Plus, Parker Posey, Woody Allen, Xtreme Football League, Jodie Foster, Steven Seagal, and more

By Josh Wolk
Updated March 30, 2000 at 05:00 AM EST
Nick Ut/AP

GETTING OUT? Robert Downey Jr.‘s lawyers have appealed to have the actor freed from prison earlier than slated, according to Variety. Downey, who is serving a three-year sentence for cocaine possession, is eligible for parole on Nov. 2, but his lawyers say the sentencing judge screwed up and didn’t give enough credit for time served, and the actor should have been let free on Feb. 9. The attorney general is expected to respond to the appeal by the end of the week, and if Downey is freed, he’ll be moved to a drug treatment facility, where he probably has the 12-step equivalent of frequent flyer miles.

CASTING So long, indie cred! Parker Posey has joined the cast of ”Josie and the Pussycats.” She won’t be in the band, though: She’ll play an evil record executive, while Rachael Leigh Cook will play Josie, and ”American Pie”’s Tara Reid is in talks to play her drummer…. Dennis Quaid has joined Steven Soderbergh’s drug epic ”Traffic,” playing the lawyer to cartel leader Catherine Zeta-Jones…. Steven Seagal will attempt the comeback no one asked for in ”Exit Wounds,” playing a Serpico-like cop fighting corruption in a tough neighborhood. Joel Silver is producing, and he and the studio have mandated that Seagal — who’s gotten a bit ju-doughy in past years — lose weight for the role. Variety reports that he’s already down 30 pounds but still has more to go before shooting starts in three months…. Jeremy Piven (”Cupid”) has taken the lead in the self-consciously titled CBS sitcom pilot, ”It’s About This Guy.” He’ll play a college professor whose high school crush reenters his life…. Chris Hogan (”Mad TV”) will play Michael Richards’ sidekick in his new NBC detective sitcom.

REEL DEALS Woody Allen has signed a three-picture deal with DreamWorks after ending his relationship with longtime producer Jean Doumanian…. The team behind ”Godzilla” — Roland Emmerich and Dean Devlin — are producing ”Arach Attack,” a comic thriller about giant radioactive killer spiders. Unlike ”Godzilla,” this film will be done on a bargain $30 million budget, which the producers of ”Arachnophobia” would still argue is not a wise investment.

ODD ALLIANCE NBC is joining with the WWF for a 50/50 partnership to broadcast and co-own the Federation’s new Xtreme Football League, which is expected to kick off next February. Vince McMahon’s new league will launch with eight teams, and will have slightly different rules than the NFL: There will be a shorter game clock, and the players will be given more or less money depending on whether they win. NBC West Coast president Scott Sassa said the network was encouraged about partnering with McMahon after WWF wrestler the Rock hosted on ”Saturday Night Live” two weeks ago and gave the show its best ratings in six years for young males. Can we expect more pile drivers on ”Frasier” then?

GETTING ANIMATED Jodie Foster and Morgan Freeman will lend their voices to the DreamWorks feature cartoon ”Tusker,” about a herd of elephants crossing Southeast Asia…. And Fox has cast its animated comedy, ”The Ice Age”: Ray Romano, John Leguizamo, and Jane Krakowski will play three prehistoric animals — a woolly mammoth, saber-toothed tiger, and giant sloth — who rescue a human baby.
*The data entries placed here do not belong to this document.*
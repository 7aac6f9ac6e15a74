-- ===== src/Citadel/Threads/Exclusion/Invariant.antt =====
-- What every step of every thread keeps: one thread at a time is inside the section that a mutex
-- guards, and what it shares is its own meanwhile.
use mathlib.Core.Path.{subst}
use platform_external_nos_ho.Base.{
  ℕ, true, false, ◌≡◌, ◌≢◌, ◌⊎◌, refl, ap, ◌∙◌, sym, ◌==◌, ==_iff, Bool-cases, inl, inr, arith,
}
use platform_external_nos_ho.Citadel.System.{
  Buffer, Mutex, in_buf_mutex, out_buf_mutex, System, Driver,
}
use platform_external_nos_ho.Citadel.Threads.{
  Job, mutex_of, Place, Threads, Step, pick, Reach, start, later, update,
}
use platform_external_nos_ho.Citadel.Threads.Exclusion.Sharing.{
  IsMutex, inside, Owns, buffer_of, Owns-outside,
}
use platform_external_nos_ho.Citadel.Threads.Exclusion.Effect.{IsEffect, move-IsEffect}

-- Both mutexes are different or the same.
same_mutex : (m n : Mutex) → (m ≡ n) ⊎ (n ≢ m)
same_mutex in_buf_mutex in_buf_mutex = inl refl
same_mutex in_buf_mutex out_buf_mutex = inr (λ e. cc)
same_mutex out_buf_mutex in_buf_mutex = inr (λ e. cc)
same_mutex out_buf_mutex out_buf_mutex = inl refl

module _ {W : Type 0} (system : System W) (jobs : ℕ → Job) (mutex : IsMutex system) where
  open mutex use {taken}

  -- What holds of the threads and the driver at every moment.
  pub record Invariant (t : Threads W) : Type 0 where
    pub one_inside :
        (i j : ℕ)
        → inside (t.place i) ≡ true
        → inside (t.place j) ≡ true
        → mutex_of (jobs i) ≡ mutex_of (jobs j)
        → i ≡ j
    pub is_taken :
        (i : ℕ) → inside (t.place i) ≡ true → taken t.driver.world (mutex_of (jobs i)) ≡ true
    pub owns : (i : ℕ) → Owns (buffer_of (mutex_of (jobs i)) t.driver) (jobs i) (t.place i)

  module _ (t : Threads W) (inv : Invariant t) (i : ℕ) (p : Place) (d : Driver W)
      (effect : IsEffect system mutex (jobs i) (t.place i) t.driver p d) where
    open effect use {apart_taken, apart_buffer, keeps_buffer, keeps_taken, was_free}

    -- With another thread inside the same section, this one is not.
    not_both :
        (j : ℕ)
        → j ≢ i
        → inside (t.place j) ≡ true
        → mutex_of (jobs j) ≡ mutex_of (jobs i)
        → inside (t.place i) ≡ false
    not_both j other there same = elim (Bool-cases (inside (t.place i))) [
      | inl here ↦ absurd (other (inv.one_inside j i there here same))
      | inr out ↦ out
    ]

    other_taken :
        (j : ℕ) → j ≢ i → inside (t.place j) ≡ true → taken d.world (mutex_of (jobs j)) ≡ true
    other_taken j other there = elim (same_mutex (mutex_of (jobs j)) (mutex_of (jobs i))) [
      | inl same ↦
          ap (taken d.world) same
          ∙ keeps_taken (not_both j other there same)
              (ap (taken t.driver.world) (sym same) ∙ inv.is_taken j there)
      | inr apart ↦ apart_taken (mutex_of (jobs j)) (λ e. apart (sym e)) ∙ inv.is_taken j there
    ]

    other_buffer :
        (j : ℕ)
        → j ≢ i
        → inside (t.place j) ≡ true
        → buffer_of (mutex_of (jobs j)) d ≡ buffer_of (mutex_of (jobs j)) t.driver
    other_buffer j other there = elim (same_mutex (mutex_of (jobs j)) (mutex_of (jobs i))) [
      | inl same ↦
          ap (λ m. buffer_of m d) same
          ∙ keeps_buffer (not_both j other there same)
          ∙ ap (λ m. buffer_of m t.driver) (sym same)
      | inr apart ↦ apart_buffer (mutex_of (jobs j)) (λ e. apart (sym e))
    ]

    other-Owns : (j : ℕ) → j ≢ i → Owns (buffer_of (mutex_of (jobs j)) d) (jobs j) (t.place j)
    other-Owns j other = elim (Bool-cases (inside (t.place j))) [
      | inl there ↦
          subst (λ (b : Buffer). Owns b (jobs j) (t.place j)) (sym (other_buffer j other there))
            (inv.owns j)
      | inr out ↦
          Owns-outside (buffer_of (mutex_of (jobs j)) t.driver) (buffer_of (mutex_of (jobs j)) d)
            (jobs j) (t.place j) out (inv.owns j)
    ]

    -- A thread that has come in has found nobody inside.
    nobody_else :
        (j : ℕ)
        → inside p ≡ true
        → inside (t.place j) ≡ true
        → mutex_of (jobs j) ≡ mutex_of (jobs i)
        → j ≡ i
    nobody_else j entered there same = elim (Bool-cases (inside (t.place i))) [
      | inl here ↦ inv.one_inside j i there here same
      | inr out ↦
          let free = was_free out entered in
          let held = ap (taken t.driver.world) (sym same) ∙ inv.is_taken j there in
          absurd (ground (arith, free, held))
    ]

  -- The place of a thread after a step of thread `i`.
  moved_or_not :
      (places : ℕ → Place) (i j : ℕ) (p : Place)
      → ((j ≡ i) × (update places i p j ≡ p)) ⊎ ((j ≢ i) × (update places i p j ≡ places j))
  moved_or_not places i j p = elim (Bool-cases (j == i)) [
    | inl same ↦ inl ((==_iff j i).0 same, rw same refl)
    | inr other ↦ inr (λ e. absurd (ground (arith, other, (==_iff j i).1 e)), rw other refl)
  ]

  Invariant-start : (d : Driver W) → Invariant (record { driver = d; place = λ _. Place.outside })
  Invariant-start d = record {
    one_inside = λ i j h. absurd (ground (arith, h));
    is_taken = λ i h. absurd (ground (arith, h));
    owns = λ i. tt;
  }

  module _ (t : Threads W) (inv : Invariant t) (i : ℕ) (p : Place) (d : Driver W)
      (effect : IsEffect system mutex (jobs i) (t.place i) t.driver p d) where
    still_one_inside :
        (j k : ℕ)
        → inside (update t.place i p j) ≡ true
        → inside (update t.place i p k) ≡ true
        → mutex_of (jobs j) ≡ mutex_of (jobs k)
        → j ≡ k
    still_one_inside j k hj hk same = elim (moved_or_not t.place i j p) [
      | inl (j_is, at_j) ↦ elim (moved_or_not t.place i k p) [
        | inl (k_is, at_k) ↦ j_is ∙ sym k_is
        | inr (k_other, at_k) ↦
            j_is
            ∙ sym (
                nobody_else t inv i p d effect k (ap inside (sym at_j) ∙ hj)
                  (ap inside (sym at_k) ∙ hk) (sym same ∙ ap (λ n. mutex_of (jobs n)) j_is))
      ]
      | inr (j_other, at_j) ↦ elim (moved_or_not t.place i k p) [
        | inl (k_is, at_k) ↦
            nobody_else t inv i p d effect j (ap inside (sym at_k) ∙ hk) (ap inside (sym at_j) ∙ hj)
              (same ∙ ap (λ n. mutex_of (jobs n)) k_is)
            ∙ sym k_is
        | inr (k_other, at_k) ↦
            inv.one_inside j k (ap inside (sym at_j) ∙ hj) (ap inside (sym at_k) ∙ hk) same
      ]
    ]

    still_taken :
        (j : ℕ) → inside (update t.place i p j) ≡ true → taken d.world (mutex_of (jobs j)) ≡ true
    still_taken j hj = elim (moved_or_not t.place i j p) [
      | inl (j_is, at_j) ↦
          ap (λ n. taken d.world (mutex_of (jobs n))) j_is
          ∙ effect.is_taken (inv.is_taken i) (ap inside (sym at_j) ∙ hj)
      | inr (j_other, at_j) ↦ other_taken t inv i p d effect j j_other (ap inside (sym at_j) ∙ hj)
    ]

    still-Owns : (j : ℕ) → Owns (buffer_of (mutex_of (jobs j)) d) (jobs j) (update t.place i p j)
    still-Owns j = elim (moved_or_not t.place i j p) [
      | inl (j_is, at_j) ↦
          subst (λ (q : Place). Owns (buffer_of (mutex_of (jobs j)) d) (jobs j) q) (sym at_j)
            (subst (λ (n : ℕ). Owns (buffer_of (mutex_of (jobs n)) d) (jobs n) p) (sym j_is)
              (effect.owns (inv.owns i)))
      | inr (j_other, at_j) ↦
          subst (λ (q : Place). Owns (buffer_of (mutex_of (jobs j)) d) (jobs j) q) (sym at_j)
            (other-Owns t inv i p d effect j j_other)
    ]

  Invariant-Step : (t u : Threads W) → Invariant t → Step system jobs t u → Invariant u
  Invariant-Step t u inv (pick i {p} {d} h) =
      let effect = move-IsEffect system mutex (jobs i) (t.place i) p t.driver d h in
      record {
        one_inside = still_one_inside t inv i p d effect;
        is_taken = still_taken t inv i p d effect;
        owns = still-Owns t inv i p d effect;
      }

  pub reach-Invariant : (d : Driver W) (t : Threads W) → Reach system jobs d t → Invariant t
  reach-Invariant d t start = Invariant-start d
  reach-Invariant d u (later {t = s} reached step) =
      Invariant-Step s u (reach-Invariant d s reached) step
Finally, the national outcry for more musical numbers featuring giant sloths has been addressed.

AXED Which is more heretical: Making a show about God, or canceling a show about God? Well, NBC will find out come judgment day, considering the network just pulled ”God, the Devil and Bob” off of its schedule. The show had already been blackballed by 22 affiliates who refused to air it, and many advertisers were shying away too. A first-amendment battle is unlikely, because even the ACLU would agree the show wasn’t funny.
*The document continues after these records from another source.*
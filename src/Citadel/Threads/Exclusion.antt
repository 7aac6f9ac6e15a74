-- ===== src/Citadel/Threads/Exclusion.antt =====
-- Threads that share the driver do not disturb each other.
pub mod Sharing
pub mod Effect
pub mod Invariant
use mathlib.Core.Path.{subst}
use platform_external_nos_ho.Base.{ℕ, ℤ, List, true, ◌≡◌}
use platform_external_nos_ho.Citadel.System.{Buffer, System, Driver}
use platform_external_nos_ho.Citadel.Threads.{
  Job, reading, writing, mutex_of, Place, finished, Threads, Reach,
}
use platform_external_nos_ho.Citadel.Threads.Exclusion.Sharing.{
  IsMutex, inside, buffer_of, Gets, Holds, Owns,
}
use platform_external_nos_ho.Citadel.Threads.Exclusion.Invariant.{reach-Invariant}

-- What a thread has got when it is done.
abbrev pub IsOwn : Job → ℤ × Buffer → List ℕ → Type 0
IsOwn (reading fd command buf) own bytes = Gets own buf bytes
IsOwn (writing fd command buf) own bytes = Holds own.1 buf

finished-IsOwn :
    (b : Buffer) (job : Job) (own : ℤ × Buffer) (ret : ℤ) (bytes : List ℕ)
    → Owns b job (finished own ret bytes)
    → IsOwn job own bytes
finished-IsOwn b (reading fd command buf) own ret bytes o = o
finished-IsOwn b (writing fd command buf) own ret bytes o = o

module _ {W : Type 0} (system : System W) (jobs : ℕ → Job) (mutex : IsMutex system) where
  -- On POSIX mutexes and from a driver that no thread has entered: whatever the order of the
  -- threads' steps, no two of them are at the same time between the lock and the unlock of the same
  -- mutex.
  pub threads_exclude :
      (d : Driver W) (t : Threads W)
      → Reach system jobs d t
      → (i j : ℕ) → inside (t.place i) ≡ true
      → inside (t.place j) ≡ true
      → mutex_of (jobs i) ≡ mutex_of (jobs j)
      → i ≡ j
  threads_exclude d t reached i j = (reach-Invariant system jobs mutex d t reached).one_inside i j

  -- On POSIX mutexes and from a driver that no thread has entered: whatever the order of the
  -- threads' steps, a thread that has done its datagram has had its own. A read has copied what its
  -- own ioctl left in the shared buffer, or nothing if that failed, and the ioctl of a write was given
  -- the bytes of the thread's own caller.
  pub threads-IsOwn :
      (d : Driver W) (t : Threads W)
      → Reach system jobs d t
      → (i : ℕ) (own : ℤ × Buffer) (ret : ℤ) (bytes : List ℕ) → t.place i ≡ finished own ret bytes
      → IsOwn (jobs i) own bytes
  threads-IsOwn d t reached i own ret bytes done =
      let inv = reach-Invariant system jobs mutex d t reached in
      finished-IsOwn (buffer_of (mutex_of (jobs i)) t.driver) (jobs i) own ret bytes (
        subst (λ (q : Place). Owns (buffer_of (mutex_of (jobs i)) t.driver) (jobs i) q) done
          (inv.owns i))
NEW PROJECTS VH1 has announced the addition of five new shows. Three are documentary-type programs: ”Fan,” about die-hard band followers; ”Sound Affects,” covering people who have had their lives changed by one song; and ”VH1 Confidential,” which looks into the legends and myths of rock. Then there’s ”Don’t Quote Me,” a Pop-Up Video show that puts quotes from musicians over their videos, and ”100 Greatest,” a series of specials naming the top songs in categories like love songs, protest songs, etc. But know this, VH1: If all these new shows interfere with the airing of Shania Twain’s ”Behind the Music” three times a week, you will be breaking the hearts and souls of the American people.

SENTENCED A souvenir-stand worker at Woodstock ’99 who pleaded guilty to sexually assaulting a 15-year-old girl at the festival has been sentenced to six years in prison, where it most definitely won’t be all peace and love. Timothy Weeden, 26, will serve his time in New York’s Elmira State Prison.